[Data extracted from a collection]
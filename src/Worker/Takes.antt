-- ===== src/Worker/Takes.antt =====
-- The start of a round of `work_process_cycle` in process_cycle.c, on the queues of the server.
use crawler.Base.{
  ℕ, suc, ◌^◌, ◌<◌, ◌≡◌, ◌≢◌, refl, sym, ap, ◌∙◌, inl, inr, Bool, true, false, ◌-◌, leb, Option,
  some, List, ◌∷◌, ltb, length, Bool-cases, arith,
}
use crawler.Base.Word.{u32}
use crawler.Head.Fields.{cstr, equal}
use crawler.Head.Equal.{equal-eq, equal_refl}
use crawler.Redis.Lists.{ListCommand, ListReply, redis_list_length, redis_list_lpop}
use crawler.Redis.Lists.Fifo.{Queues, put_queue, IsListServer}
use crawler.Net.{World}
use crawler.Tree.{TimerTree}
use crawler.Pool.{get_free_connection_n}
use crawler.Parser.Links.{list_key}
use crawler.Dns.Resolver.{HttpUrl, Resolver, dns_query}
use crawler.Dns.Url.{ParsedUrl, new_url, create_http_url}
use crawler.Worker.{take_url}
use crawler.Socket.Send.{Room, room_for}
use crawler.Dns.{find_cache, dns_udp_size}
use crawler.Dns.Resolver.Asks.{Asked, dns_query-Asked}
use crawler.Worker.Keys.{list_key_inj}

other_queue :
    (m n : ℕ) (l : List (List ℕ)) (q : Queues)
    → m ≢ n
    → m < 10 ^ 10
    → n < 10 ^ 10
    → put_queue (list_key n) l q (list_key m) ≡ q (list_key m)
other_queue m n l q differs hm hn = elim (Bool-cases (equal (list_key n) (list_key m))) [
  | inr other ↦ rw other refl
  | inl same ↦
      absurd (differs (list_key_inj m n hm hn (sym (equal-eq (list_key n) (list_key m) same))))
]

own_queue : (n : ℕ) (l : List (List ℕ)) (q : Queues) → put_queue (list_key n) l q (list_key n) ≡ l
own_queue n l q = rw (equal_refl (list_key n)) refl

module _ {Db : Type 0} (list_command : ListCommand → Db → Option ListReply × Db)
    (queues : Db → Queues) (law : IsListServer list_command queues) (t : TimerTree) {Set : Type 0}
    (dns_conn : ℕ) (handler : HttpUrl → ℕ → World t.Tree Set → World t.Tree Set)
    (http_parser_parse_url : List ℕ → Option ParsedUrl) where
  -- A round that takes the text from the queue of worker n; `rest` stays there, and the queue of
  -- worker m is not touched; and it asks for the address of the host. `false` is a round that does
  -- nothing.
  abbrev pub Takes :
      ℕ
      → ℕ
      → List (List ℕ)
      → HttpUrl
      → List Room
      → Db
      → Resolver t.Tree Set
      → Bool
      → Option (Db × Resolver t.Tree Set)
      → Type 0
  Takes m n rest url ks db s false r = r ≡ some (db, s)
  Takes m n rest url ks db s true r =
      (db' : Db) × (s' : Resolver t.Tree Set) × (r ≡ some (db', s'))
      × Asked t dns_conn handler url ks s (find_cache s.cache.cache_queue url.host) s'
      × (queues db' (list_key n) ≡ rest)
      × (queues db' (list_key m) ≡ queues db (list_key m))

  -- The server carries out every command, there is memory, the socket of the resolver has room, and
  -- the first text in the queue of the worker is a URL, with a host that fits a packet. A worker
  -- with more free connections than the threshold takes that text, and what stood behind it stays,
  -- as the queue of another worker does; and it asks for the host: the callback gets the address
  -- that the cache has, or a new query with its packet waits under a timer. A worker with no more
  -- free connections than the threshold does nothing.
  pub take_url-Takes :
      (threshold now a : ℕ) (calloc_ok : ℕ → Bool) (m n : ℕ) (db : Db) (s : Resolver t.Tree Set)
      (text : List ℕ) (rest : List (List ℕ)) (url : HttpUrl) (ks : List Room)
      → queues db (list_key n) ≡ text ∷ rest
      → length rest < 2147483647
      → calloc_ok 0 ≡ true
      → calloc_ok 3 ≡ true
      → create_http_url http_parser_parse_url (calloc_ok 1) (calloc_ok 2) (cstr text) ≡ new_url url
      → leb (dns_udp_size - 14) (length url.host) ≡ false
      → s.kernel ≡ room_for a ∷ ks
      → m ≢ n
      → m < 10 ^ 10
      → n < 10 ^ 10
      → Takes m n rest url ks db s (ltb threshold (get_free_connection_n s.world)) (
          take_url list_command t dns_conn handler http_parser_parse_url threshold now calloc_ok n
            db s)
  unfolding take_url redis_list_length redis_list_lpop
  take_url-Takes threshold now a calloc_ok m n db s text rest url ks queue few copied asks made
        short room differs hm hn =
      let (db', run, after) = law.lpop_first (list_key n) text rest db queue in
      let n_left : u32 (length (text ∷ rest)) ≡ suc (length rest) = ground arith in
      let positive : ltb (suc (length rest)) 2147483648 ≡ true = ground arith in
      let some_text : ltb 0 (suc (length rest)) ≡ true = ground arith in
      elim (Bool-cases (ltb threshold (get_free_connection_n s.world))) [
        | inr few_free ↦ rw few_free refl
        | inl free ↦ rw free (
          db',
          (dns_query t dns_conn handler now true url s).1,
          rw (law.llen (list_key n) db, queue, n_left, some_text, positive, copied, run, made, asks)
              refl,
          dns_query-Asked t dns_conn handler now a url ks s short room,
          ap (λ (q : Queues). q (list_key n)) after ∙ own_queue n rest (queues db),
          ap (λ (q : Queues). q (list_key m)) after
              ∙ other_queue m n rest (queues db) differs hm hn,
        )
      ]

**TASK DIRECTIONS**. Set down only the line containing "let n_left : u32" and the lines after it through the end, exactly as they appear above.

**EXERCISE RESPONSE**.
      let n_left : u32 (length (text ∷ rest)) ≡ suc (length rest) = ground arith in
      let positive : ltb (suc (length rest)) 2147483648 ≡ true = ground arith in
      let some_text : ltb 0 (suc (length rest)) ≡ true = ground arith in
      elim (Bool-cases (ltb threshold (get_free_connection_n s.world))) [
        | inr few_free ↦ rw few_free refl
        | inl free ↦ rw free (
          db',
          (dns_query t dns_conn handler now true url s).1,
          rw (law.llen (list_key n) db, queue, n_left, some_text, positive, copied, run, made, asks)
              refl,
          dns_query-Asked t dns_conn handler now a url ks s short room,
          ap (λ (q : Queues). q (list_key n)) after ∙ own_queue n rest (queues db),
          ap (λ (q : Queues). q (list_key m)) after
              ∙ other_queue m n rest (queues db) differs hm hn,
        )
      ]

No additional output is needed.